BEGIN Material provided

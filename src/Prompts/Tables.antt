-- ===== src/Prompts/Tables.antt =====
-- The tables of prompts and versions, and what the writes of the services do to them.
use arcane_backend.Common.{
  String, none, some, true, false, ◌==◌, List, ◌≡◌, refl, sym, ap, ◌⊎◌, inl, inr, ◌≢◌, ◌∙◌, Memᴰ,
  eq_iff, Bool-cases, subst,
}
use arcane_backend.Entities.{Prompt, PromptVersion}
use arcane_backend.Platform.{Platform}
use arcane_backend.Platform.Keys.{IsKey, insert-IsKey, replace-IsKey, remove-IsKey}
use arcane_backend.Platform.Laws.{IsLawful}
use arcane_backend.Prompts.Versions.{is_version_of}

-- Ids are keys, and so are the names in a project; the version that is promoted is one of the prompt, and a version has a prompt.
pub record IsPromptTable (prompts : List Prompt) (versions : List PromptVersion) : Type 0 where
  pub unique_ids : IsKey (λ (x : Prompt). x.id) prompts
  pub unique_versions : IsKey (λ (v : PromptVersion). v.id) versions
  pub unique_names : IsKey {K = String × String} (λ (x : Prompt). (x.project_id, x.name)) prompts
  pub promoted :
      (x : Prompt) (v : String)
      → Memᴰ x prompts
      → x.promoted_version_id ≡ some v
      → (y : PromptVersion) × Memᴰ y versions × (y.id ≡ v) × (y.prompt_id ≡ x.id)
  pub owned :
      (y : PromptVersion) → Memᴰ y versions → (x : Prompt) × Memᴰ x prompts × (x.id ≡ y.prompt_id)

module _ (p : Platform) (laws : IsLawful p) (prompts : List Prompt) (versions : List PromptVersion)
    (s : IsPromptTable prompts versions) where
  pub insert-IsPromptTable :
      (y : Prompt)
      → ((x : Prompt) → Memᴰ x prompts → x.id ≢ y.id)
      → ((x : Prompt) → Memᴰ x prompts → x.project_id ≡ y.project_id → x.name ≢ y.name)
      → y.promoted_version_id ≡ none
      → IsPromptTable (p.insert y prompts) versions
  insert-IsPromptTable y fresh free bare = record {
    unique_ids = insert-IsKey p laws (λ (x : Prompt). x.id) prompts s.unique_ids y fresh;
    unique_versions = s.unique_versions;
    unique_names =
        insert-IsKey p laws (λ (x : Prompt). (x.project_id, x.name)) prompts s.unique_names y
          (λ x m e.
            free x m (ap (λ (q : String × String). q.0) e) (ap (λ (q : String × String). q.1) e));
    promoted = λ x v m e. belongs x v e ((laws.mem_insert y prompts x).0 m);
    owned = λ v m. let (x, k, a) = s.owned v m in (x, (laws.mem_insert y prompts x).1 (inr k), a);
  }
    where
      belongs :
          (x : Prompt) (v : String)
          → x.promoted_version_id ≡ some v
          → (x ≡ y) ⊎ Memᴰ x prompts
          → (q : PromptVersion) × Memᴰ q versions × (q.id ≡ v) × (q.prompt_id ≡ x.id)
      belongs x v e (inl a) =
          let h = sym e ∙ ap (λ (q : Prompt). q.promoted_version_id) a ∙ bare in absurd (cc)
      belongs x v e (inr m) = s.promoted x v m e

  pub save-IsPromptTable :
      (x y : Prompt)
      → Memᴰ x prompts
      → y.id ≡ x.id
      → ((z : Prompt)
          → Memᴰ z prompts
          → z.project_id ≡ y.project_id
          → z.name ≡ y.name
          → z.id ≡ x.id)
      → ((v : String)
          → y.promoted_version_id ≡ some v
          → (q : PromptVersion) × Memᴰ q versions × (q.id ≡ v) × (q.prompt_id ≡ y.id))
      → IsPromptTable (p.replace (λ z. z.id == y.id) y prompts) versions
  save-IsPromptTable x y known same free belongs = record {
    unique_ids =
        replace-IsKey p laws (λ (z : Prompt). z.id) prompts s.unique_ids (λ z. z.id == y.id) y
          (λ z m f e. off z f e);
    unique_versions = s.unique_versions;
    unique_names =
        replace-IsKey p laws (λ (z : Prompt). (z.project_id, z.name)) prompts s.unique_names
          (λ z. z.id == y.id) y
          (λ z m f e. off z f (
            free z m (ap (λ (q : String × String). q.0) e) (ap (λ (q : String × String). q.1) e)
            ∙ sym same));
    promoted = λ z v m e. has z v e ((laws.mem_replace (λ z. z.id == y.id) y prompts z).0 m);
    owned = λ v m. let (z, k, a) = s.owned v m in owner v z k a;
  }
    where
      owner :
          (v : PromptVersion) (z : Prompt)
          → Memᴰ z prompts
          → z.id ≡ v.prompt_id
          → (q : Prompt) × Memᴰ q (p.replace (λ z. z.id == y.id) y prompts) × (q.id ≡ v.prompt_id)
      owner v z k a = elim (Bool-cases (z.id == y.id)) [
        | inl e ↦ (
          y,
          (laws.mem_replace (λ z. z.id == y.id) y prompts y).1 (inr (refl, (z, k, e))),
          sym ((eq_iff z.id y.id).0 e) ∙ a,
        )
        | inr e ↦ (z, (laws.mem_replace (λ z. z.id == y.id) y prompts z).1 (inl (k, e)), a)
      ]

      off : (z : Prompt) → (z.id == y.id) ≡ false → z.id ≢ y.id
      off z f e = let t = (eq_iff z.id y.id).1 e in cc

      has :
          (z : Prompt) (v : String)
          → z.promoted_version_id ≡ some v
          → (Memᴰ z prompts × ((z.id == y.id) ≡ false))
            ⊎ ((z ≡ y) × ((q : Prompt) × Memᴰ q prompts × ((q.id == y.id) ≡ true)))
          → (q : PromptVersion) × Memᴰ q versions × (q.id ≡ v) × (q.prompt_id ≡ z.id)
      has z v e (inl (m, _)) = s.promoted z v m e
      has z v e (inr (a, _)) =
          let (q, m, b, c) = belongs v (sym (ap (λ (u : Prompt). u.promoted_version_id) a) ∙ e) in
          (q, m, b, c ∙ sym (ap (λ (u : Prompt). u.id) a))

  pub insert_version-IsPromptTable :
      (y : PromptVersion)
      → ((v : PromptVersion) → Memᴰ v versions → v.id ≢ y.id)
      → (x : Prompt) × Memᴰ x prompts × (x.id ≡ y.prompt_id)
      → IsPromptTable prompts (p.insert y versions)
  insert_version-IsPromptTable y fresh known = record {
    unique_ids = s.unique_ids;
    unique_versions =
        insert-IsKey p laws (λ (v : PromptVersion). v.id) versions s.unique_versions y fresh;
    unique_names = s.unique_names;
    promoted = λ x v m e.
        let (q, k, a, b) = s.promoted x v m e in
        (q, (laws.mem_insert y versions q).1 (inr k), a, b);
    owned = λ v m. elim ((laws.mem_insert y versions v).0 m) [
      | inl e ↦ let (x, k, a) = known in (x, k, a ∙ sym (ap (λ (q : PromptVersion). q.prompt_id) e))
      | inr k ↦ s.owned v k
    ];
  }

  -- A prompt that goes with its versions.
  pub remove-IsPromptTable :
      (id : String)
      → IsPromptTable (p.remove (λ x. x.id == id) prompts) (p.remove (is_version_of id) versions)
  remove-IsPromptTable id = record {
    unique_ids = remove-IsKey p laws (λ (x : Prompt). x.id) prompts s.unique_ids (λ x. x.id == id);
    unique_versions =
        remove-IsKey p laws (λ (v : PromptVersion). v.id) versions s.unique_versions
          (is_version_of id);
    unique_names =
        remove-IsKey p laws (λ (x : Prompt). (x.project_id, x.name)) prompts s.unique_names
          (λ x. x.id == id);
    promoted = λ x v m e.
        let (k, off) = (laws.mem_remove (λ x. x.id == id) prompts x).0 m in
        let (y, l, a, b) = s.promoted x v k e in
        (y, (laws.mem_remove (is_version_of id) versions y).1 (l, other (sym b) off), a, b);
    owned = λ y m.
        let (k, off) = (laws.mem_remove (is_version_of id) versions y).0 m in
        let (x, l, a) = s.owned y k in
        (x, (laws.mem_remove (λ x. x.id == id) prompts x).1 (l, other (sym a) off), a);
  }
    where
      other : {a b : String} → a ≡ b → (a == id) ≡ false → (b == id) ≡ false
      other e f = subst (λ (c : String). (c == id) ≡ false) e f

END Material provided

#### Work to complete:
In the entries above, please find the line with "y) ⊎ Memᴰ x prompts" and the line with "let h = sym", then write out exactly those two lines and every line between them, and nothing more.

#### Result:
          → (x ≡ y) ⊎ Memᴰ x prompts
          → (q : PromptVersion) × Memᴰ q versions × (q.id ≡ v) × (q.prompt_id ≡ x.id)
      belongs x v e (inl a) =
          let h = sym e ∙ ap (λ (q : Prompt). q.promoted_version_id) a ∙ bare in absurd (cc)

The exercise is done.